The White House has declared that by June 15 it would announce its final list of $50 billion in Chinese products that would be subject to 25% tariffs under Section 301 of the Trade Act of 1974.

"I stressed how important it is for President Trump to rectify that situation so that trade becomes more balanced, more reciprocal and more fair, with the opportunity to have American workers be treated fairly", he said.

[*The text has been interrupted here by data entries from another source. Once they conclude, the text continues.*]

-- ===== src/Rules/Repository.antt =====
-- inbox/rules/repository.ts: the methods of RuleRepository. The JSON columns are kept decoded, as the
-- validation gives them. `now` is the reading of datetime('now').
use openzigs_social.Prelude.{
  ℕ, String, Bool, true, false, ◌&&◌, ◌||◌, Option, none, some, get_or, List, [], ◌∷◌, keep, take,
  drop, ◌==◌, str_eq, if◌then◌else◌, is_some, length, ltb,
}
use mathlib.Core.Option
use openzigs_social.Effects.{Exec, Result, ok, err}
use openzigs_social.Sql.{Table, insert, update_where, delete_where, find}
use openzigs_social.Sql.Order.{sort_by}
use openzigs_social.Sql.Newest.{sort_newest}
use openzigs_social.Rules.Types.{Priority, normal, RuleActions, RuleDefinition, RuleEvaluation}
use openzigs_social.Rules.Engine.{Runtime, evaluate_rules}
use openzigs_social.Rules.Facts.{SocialMessage, SocialContact, SocialThread, build_facts}
use openzigs_social.Rules.Validate.{Raw, InvalidRule, validate_condition, validate_actions}

pub record RuleInput : Type 0 where
  pub name : String
  pub enabled : Option Bool
  pub sort_order : Option ℕ
  pub condition : Raw
  pub actions : Raw

pub record FiringRow : Type 0 where
  pub id : ℕ
  pub rule_id : Option ℕ
  pub platform : String
  pub platform_message_id : String
  pub message_id : ℕ
  pub actions : RuleActions
  pub fired_at : ℕ

pub record ThreadState : Type 0 where
  pub thread_id : ℕ
  pub priority : Priority
  pub flagged : Bool
  pub last_read_at : Option ℕ
  pub updated_at : ℕ

pub record RuleStore : Type 0 where
  pub rules : Table RuleDefinition
  pub firings : Table FiringRow
  pub states : List ThreadState

-- A message with its keys, and the thread with its key.
pub record FactSources : Type 0 where
  pub message : SocialMessage
  pub message_id : ℕ
  pub platform_message_id : String
  pub contact : Option SocialContact
  pub thread : Option (ℕ × SocialThread)

abbrev pub rule_id : RuleDefinition → ℕ
rule_id r = r.id

unfoldable pub get : ℕ → RuleStore → Option RuleDefinition
get k store = find rule_id k store.rules.rows

-- The row of an input, if both parts are accepted.
unfoldable pub to_row : String → RuleInput → Result InvalidRule (ℕ → RuleDefinition)
unfolding validate_condition validate_actions
to_row now input = elim (validate_condition input.condition) [
  | err e ↦ err e
  | ok condition ↦ elim (validate_actions input.actions) [
    | err e ↦ err e
    | ok actions ↦ ok (λ k. record {
      id = k;
      name = input.name;
      enabled = get_or input.enabled true;
      sort_order = get_or input.sort_order 0;
      condition = condition;
      actions = actions;
      created_at = now;
      updated_at = now;
    })
  ]
]

-- `none` is the throw for a row that is not found again.
unfoldable pub create : String → RuleInput → Exec RuleStore InvalidRule (Option RuleDefinition)
unfolding to_row insert get
create now input store = elim (to_row now input) [
  | err e ↦ (err e, store)
  | ok make ↦
      let store' : RuleStore = record store { rules = insert make store.rules } in
      (ok (get store'.rules.seq store'), store')
]

unfoldable pub update : String → ℕ → RuleInput → Exec RuleStore InvalidRule (Option RuleDefinition)
unfolding to_row update_where get
update now k input store =
    if is_some (get k store)
    then elim (to_row now input) [
      | err e ↦ (err e, store)
      | ok make ↦
          let store' : RuleStore = record store {
            rules =
                update_where (λ r. r.id == k) (λ r. record (make k) { created_at = r.created_at })
                  store.rules;
          } in
          (ok (get k store'), store')
    ]
    else (ok none, store)

abbrev pub fired_by : ℕ → FiringRow → Bool
fired_by k r = elim r.rule_id [ none ↦ false | some j ↦ j == k ]

-- The foreign key of the firings is ON DELETE SET NULL.
unfoldable pub delete : ℕ → RuleStore → Bool × RuleStore
unfolding delete_where update_where
delete k store =
    let rules = delete_where (λ r. r.id == k) store.rules in
    (
      ltb (length rules.rows) (length store.rules.rows),
      record store {
        rules = rules;
        firings = update_where (fired_by k) (λ r. record r { rule_id = none }) store.firings;
      },
    )

unfoldable pub list : Bool → RuleStore → List RuleDefinition
unfolding sort_by
list include_disabled store =
    sort_by (λ r. r.sort_order) (keep (λ r. include_disabled || r.enabled) store.rules.rows)

unfoldable pub list_firings : ℕ → ℕ → ℕ → RuleStore → List FiringRow
unfolding sort_newest
list_firings k limit offset store =
    take limit (drop offset (sort_newest (λ r. r.fired_at) (keep (fired_by k) store.firings.rows)))

unfoldable pub list_firings_for_message : String → String → RuleStore → List FiringRow
unfolding sort_newest
list_firings_for_message platform k store =
    sort_newest (λ r. r.fired_at)
      (keep (λ r. str_eq r.platform platform && str_eq r.platform_message_id k) store.firings.rows)

unfoldable pub upsert_state : ℕ → ℕ → Priority → Bool → List ThreadState → List ThreadState
upsert_state now t p f [] =
    record { thread_id = t; priority = p; flagged = f; last_read_at = none; updated_at = now } ∷ []
upsert_state now t p f (s ∷ ss) =
    if s.thread_id == t
    then record s { priority = p; flagged = s.flagged || f; updated_at = now } ∷ ss
    else s ∷ upsert_state now t p f ss

abbrev pub new_firing : ℕ → FactSources → ℕ × RuleActions → ℕ → FiringRow
new_firing now sources firing k = record {
  id = k;
  rule_id = some (firing.0);
  platform = sources.message.platform;
  platform_message_id = sources.platform_message_id;
  message_id = sources.message_id;
  actions = firing.1;
  fired_at = now;
}

unfoldable pub add_firings :
    ℕ → FactSources → List (ℕ × RuleActions) → Table FiringRow → Table FiringRow
unfolding insert
add_firings now sources [] t = t
add_firings now sources (f ∷ fs) t =
    add_firings now sources fs (insert (new_firing now sources f) t)

abbrev pub apply_state :
    ℕ → Option (ℕ × SocialThread) → RuleEvaluation → List ThreadState → List ThreadState
apply_state now none evaluation states = states
apply_state now (some (t, thread)) evaluation states =
    if is_some evaluation.priority || evaluation.flagged
    then upsert_state now t (get_or evaluation.priority normal) evaluation.flagged states
    else states

unfoldable pub apply_to_message : Runtime → ℕ → FactSources → RuleStore → RuleEvaluation × RuleStore
unfolding list add_firings upsert_state evaluate_rules build_facts
apply_to_message js now sources store =
    let facts =
      build_facts js sources.message sources.contact (Option.map (λ t. t.1) sources.thread) in
    let evaluation = evaluate_rules js (list false store) facts in
    (
      evaluation,
      record store {
        firings = add_firings now sources evaluation.firings store.firings;
        states = apply_state now sources.thread evaluation store.states;
      },
    )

But he signaled that whatever the implications, "I have to do what I have to do" to address the trade imbalance.

Wall Street has viewed the escalating trade tensions with wariness, fearful that they could strangle the economic growth achieved during Trump's watch and undermine the benefits of the tax cuts he signed into law previous year.

A Wall Street Journal report warned that the United States decision could become the start of a tit-for-tat series of retaliatory moves. "Those are all historic ingredients for an economic slowdown", Gary Cohn, Trump's former top economic adviser, said at an event sponsored by The Washington Post.

Ten days later, the White House abruptly said it would proceed with the tariffs.

Spain's newly appointed agricultural minister, Luis Planas, also opposed the tariff's impact, saying it was unjust. Chinese officials have said they would drop agreements reached last month to buy more U.S. soybeans, natural gas and other products. The US views China as a strategic competitor and is wary of a potential challenge to US technology.

By June 30, the administration plans to announce investment restrictions and "enhanced export controls" for Chinese "persons and entities related to industrially significant technology", according to a White House statement last month.